If we're talking across all platforms and not only JRPG's, I would say that Fallout 1 and 2 are the best RPG's I've ever played. And since I've been quite the pc gamer growing up I would also recommend the Baldurs Gate and Icewind Dale series. Maybe Neverwinter Nights as well, it's got quite the cozy feel to it. And this game called "Silver" which I remember to be awesome, but haven't gotten a working copy of since I lost it years ago.


----------



## RoMee (Jan 20, 2011)

The shadow heart series was a great RPG


----------



## Juanmatron (Jan 20, 2011)

Baten Kaitos/Mother series.


----------



## Hells Malice (Jan 20, 2011)

PeregrinFig said:
			
		

> Suikoden Tierkreis for DS is surprisingly good. For about the first third of the game the voice acting is almost unbearable, but if you can overlook that it's a great RPG.
> 
> It's a traditional turn-based RPG rather than a strategy game like the old Suikoden games, but you still get 108 characters, and about 80-90 of them can be put in your party. There's a lot of party customization since you have so many to choose from.

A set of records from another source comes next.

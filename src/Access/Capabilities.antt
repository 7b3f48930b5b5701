-- ===== src/Access/Capabilities.antt =====
-- src/aurelix_core/authorization.py, with the identities of identity.py that it reads, and the
-- `authenticate` of identity.py. The key derivation `scrypt` is a parameter; `compare_digest` is
-- equality.
use aurelix.Base.{
  All, Bool-cases, inl, inr, subst, sym, Bool, true, false, not, ◌&&◌, ◌||◌, ◌≡◌, ◌≢◌, ◌↔◌, String,
  List, [], ◌∷◌, some, none, if◌then◌else◌, Result, ok, err, is_empty, Dict, lookup, or_default,
  contains, Comparable, string_eq, ◌==◌, eq_iff, arith,
}

pub data IdentityStatus : Type 0 where
  active revoked disabled : IdentityStatus

pub record Identity : Type 0 where
  pub id : String
  pub role : String
  pub status : IdentityStatus

pub record CredentialRecord : Type 0 where
  pub identity_id : String
  pub salt : String
  pub digest : String

abbrev is_active : IdentityStatus → Bool
is_active active = true
is_active _ = false

pub data AuthenticationError : Type 0 where
  not_active identity_mismatch invalid_credential : AuthenticationError

module _ (scrypt : String → String → String) where
  -- `scrypt secret salt` is the digest of a secret under a salt.
  unfoldable pub authenticate :
      Identity → CredentialRecord → String → Result AuthenticationError Identity
  authenticate identity r secret =
      if not (is_active identity.status)
      then err not_active
      else if not (r.identity_id == identity.id)
      then err identity_mismatch
      else if not (scrypt secret r.salt == r.digest)
      then err invalid_credential
      else ok identity

pub record Capability : Type 0 where
  pub resource : String
  pub operation : String
  pub target_scope : String

abbrev same_capability : Capability → Capability → Bool
same_capability a b =
    a.resource == b.resource && (a.operation == b.operation && a.target_scope == b.target_scope)

pub same_capability_iff : (a b : Capability) → (same_capability a b ≡ true) ↔ (a ≡ b)
same_capability_iff a b = ground (
  arith,
  eq_iff a.resource b.resource,
  eq_iff a.operation b.operation,
  eq_iff a.target_scope b.target_scope,
)

instance abbrev pub capability_eq : Comparable Capability
capability_eq = record { equals = same_capability; equals_iff = same_capability_iff }

pub data AuthorizationDenied : Type 0 where
  identity_not_active scope_required scope_denied : AuthorizationDenied

-- The capabilities that each identity was granted.
abbrev pub AuthorizationPolicy : Type 0
AuthorizationPolicy = Dict (List Capability)

unfoldable pub authorize :
    Identity
    → String
    → String
    → String
    → AuthorizationPolicy
    → Result AuthorizationDenied (Unit {0})
authorize identity resource operation target_scope capabilities =
    let requested : Capability = record {
      resource = resource;
      operation = operation;
      target_scope = target_scope;
    } in
    if not (is_active identity.status)
    then err identity_not_active
    else if is_empty resource || (is_empty operation || is_empty target_scope)
    then err scope_required
    else if not (contains requested (or_default (lookup identity.id capabilities) []))
    then err scope_denied
    else ok tt

abbrev private_scope : String → String → Capability
private_scope resource operation = record {
  resource = resource;
  operation = operation;
  target_scope = "private";
}

abbrev owner_resources : List Capability
owner_resources =
    private_scope "control" "snapshot"
    ∷ private_scope "control" "experiments.read"
    ∷ private_scope "control" "knowledge.read"
    ∷ private_scope "control" "audit.read"
    ∷ private_scope "control" "autonomy.read"
    ∷ private_scope "control" "diagnostics.read"
    ∷ private_scope "control" "validation.read"
    ∷ private_scope "actions" "research.execute"
    ∷ private_scope "actions" "experiments.execute"
    ∷ private_scope "actions" "objectives.submit"
    ∷ private_scope "actions" "economic.outcome.record"
    ∷ []

unfoldable pub owner_read_only_policy : String → AuthorizationPolicy
owner_read_only_policy identity_id = (identity_id, owner_resources) ∷ []

-- A call is authorized exactly for an active identity, with three texts that are not empty, whose
-- own grants hold exactly this capability.
pub authorize-granted_iff :
    (identity : Identity) (c : Capability) (capabilities : AuthorizationPolicy)
    → (authorize identity c.resource c.operation c.target_scope capabilities ≡ ok tt) ↔ (
        (identity.status ≡ active)
        × (c.resource ≢ "")
        × (c.operation ≢ "")
        × (c.target_scope ≢ "")
        × (contains c (or_default (lookup identity.id capabilities) []) ≡ true))
unfolding authorize
authorize-granted_iff identity c capabilities =
    ground (arith, eq_iff c.resource "", eq_iff c.operation "", eq_iff c.target_scope "")

-- What a list of grants has in common, every capability found in it has.
contains-All :
    (P : Capability → Type 0) (c : Capability) (cs : List Capability)
    → All P cs
    → contains c cs ≡ true
    → P c
contains-All P c [] all found = cc
contains-All P c (d ∷ cs) all found = elim (Bool-cases (c == d)) [
  | inl same ↦ subst P (sym ((same_capability_iff c d).0 same)) all.0
  | inr other ↦ contains-All P c cs all.1 (ground arith)
]

abbrev pub IsPrivate : Capability → Type 0
IsPrivate c = c.target_scope ≡ "private"

owner_resources-IsPrivate : All IsPrivate owner_resources
owner_resources-IsPrivate = ground arith

granted : String → String → List Capability
granted owner id = or_default (lookup id ((owner, owner_resources) ∷ [])) []

granted-IsPrivate :
    (owner id : String) (c : Capability)
    → contains c (granted owner id) ≡ true
    → (id ≡ owner) × IsPrivate c
unfolding granted
granted-IsPrivate owner id c found = elim (Bool-cases (owner == id)) [
  | inl same ↦ (
    sym ((eq_iff owner id).0 same),
    contains-All IsPrivate c owner_resources owner_resources-IsPrivate (
        subst (λ b. contains c (or_default (if b then some owner_resources else none) []) ≡ true)
          same found),
  )
  | inr other ↦ ground (arith, found, other)
]

-- The owner's policy grants nothing to another identity, and nothing outside the private scope to
-- anyone.
owner_read_only_policy-IsPrivate :
    (owner : String) (identity : Identity) (c : Capability)
    → authorize identity c.resource c.operation c.target_scope (owner_read_only_policy owner)
      ≡ ok tt
    → (identity.id ≡ owner) × IsPrivate c
unfolding owner_read_only_policy granted
owner_read_only_policy-IsPrivate owner identity c h =
    granted-IsPrivate owner identity.id c
      ((authorize-granted_iff identity c (owner_read_only_policy owner)).0 h).4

Voice acting is pretty good throughout.
What's bad about it? If you say the main character talking too fast, i'll punch you in the face.


----------



## PeregrinFig (Jan 20, 2011)

Hells Malice said:
			
		

> PeregrinFig said:
> 
> 
> 
> ...


There were a few characters with horrible voice actors IMO. I forget his name, but I think it started with an M, and he controlled the second town until you found his stash of stolen goods in the local mine? He had some of the worst voice acting I have ever heard. There were a few others I couldn't stand either.


----------



## kupo3000 (Jan 20, 2011)

Xenosaga Trilogy
Earthbound & Mother 3
Chrono Trigger & Chrono Cross
Skies or Arcadia
Grandia 2 (If possible try the Dreamcast version. The PS2/PC ports are buggy)
Vagrant Story


----------



## PeregrinFig (Jan 20, 2011)

kupo3000 said:
			
		

> Xenosaga Trilogy
> Earthbound/Mother 3
> Chrono Trigger/Cross
> Skies or Arcadia
> Grandia 2 (If possible try the Dreamcast version. The PS2/PC ports are buggy)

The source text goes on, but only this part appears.